Search code examples
rsurveyimputationr-mice

Different return values of the sum of a row with imputed values using 'complete' (mice) and 'update' (survey)


I need to calculate the sum of some variables with imputed values. I did this with complete --> as.mids --> with --> do.call

I needed to do the same thing but in a survey context. Therefore, I did: update --> with --> MIcombine

The means of the variables calculated both ways do not match.
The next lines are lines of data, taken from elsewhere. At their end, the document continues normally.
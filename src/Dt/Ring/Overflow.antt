-- ===== src/Dt/Ring/Overflow.antt =====
-- Where `offset` of dt/ring.go wraps: the sizes that innerInit allows go past what an int holds.
use fun.Prelude.{ℕ, ◌≡◌, true, List, [], ◌∷◌, Option, none, some}
use fun.Dt.Ring.{Ring, max_ring_size, push}

-- From this position on of a ring of the greatest size the product is too large.
abbrev pub half : ℕ
half = 2147483648

module _ {A : Type 0} (z : A) where
  -- `Push` of one value after the other
  unfoldable pub push_all : Ring A → List A → Option (Ring A)
  push_all r [] = some r
  push_all r (v ∷ vs) = elim (push z r v) [ none ↦ none | some s ↦ push_all s vs ]

  -- A ring of the greatest size, at this position.
  record At (r : Ring A) (k : ℕ) : Type 0 where
    is_ready : r.ready ≡ true
    greatest : r.size ≡ max_ring_size
    place : r.pos ≡ k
Which one is correct?

You may check this different behavior in this toy database:

library(tidyverse)
library(mice)
library(mitools)
library(survey)

mydata <- structure(list(dis1 = c(NA, NA, 1, 0, 0, 1, 1, 1, 1, 0), 
                         dis2 = c(0, 1, 0, 1, NA, 1, 1, 1, 1, 0), 
                         dis3 = c(1, 1, 0, 0, NA, 1, 1, 1, 1, 0),
                         sex = c(0,0,0,1,0,1,1,1,1,0),
                         clus = c(1,1,1,1,1,2,2,2,2,2)), 
                    row.names = c(NA, 10L), 
                    class = c("tbl_df", "tbl", "data.frame") )

imp <- mice::mice(mydata, m = 5, seed = 237856)

# calculating numenf with mice::complete 
long <- mice::complete(imp, action = "long", include = TRUE)
long$numenf <- long$dis1 + long$dis2 + long$dis3
imp2 <- mice::as.mids(long)
res <- with(imp2, mean(numenf))
do.call(mean, res$analyses) # mean = 2.1

#calculating numenf with update (from survey)
imp1 <- mice::complete(imp)
imp2 <- mice::complete(imp, 2)
imp3 <- mice::complete(imp, 3)
imp4 <- mice::complete(imp, 4)
imp5 <- mice::complete(imp, 5)
listimp <- mitools::imputationList(list(imp1, imp2, imp3, imp4, imp5))                                             
clus <- survey::svydesign(id = ~clus, data = listimp)
clus <- stats::update(clus, numenf = dis1 + dis2 + dis3)
res <- with(clus, survey::svymean(~numenf))
summary(mitools::MIcombine(res)) # mean = 1.98

Solution

  • Answer

    Replace do.call(mean, res$analyses) with mean(unlist(res$analyses)).


    Rationale

    In the first code snippet, res$analyses is a list. When entering it into do.call, you are essentially calling:

    mean(res$analyses[1], res$analyses[2], res$analyses[3], res$analyses[4], res$analyses[5])
    

    mean takes the average of a vector in its first argument. The other arguments are not used properly (see ?mean). Hence, you're just getting 2.1 back, since that is the (mean of the) value of first analysis.


    We can make a vector out of the list by using unlist(res$analyses). Then, we can just feed it to mean as an argument:

    mean(unlist(res$analyses))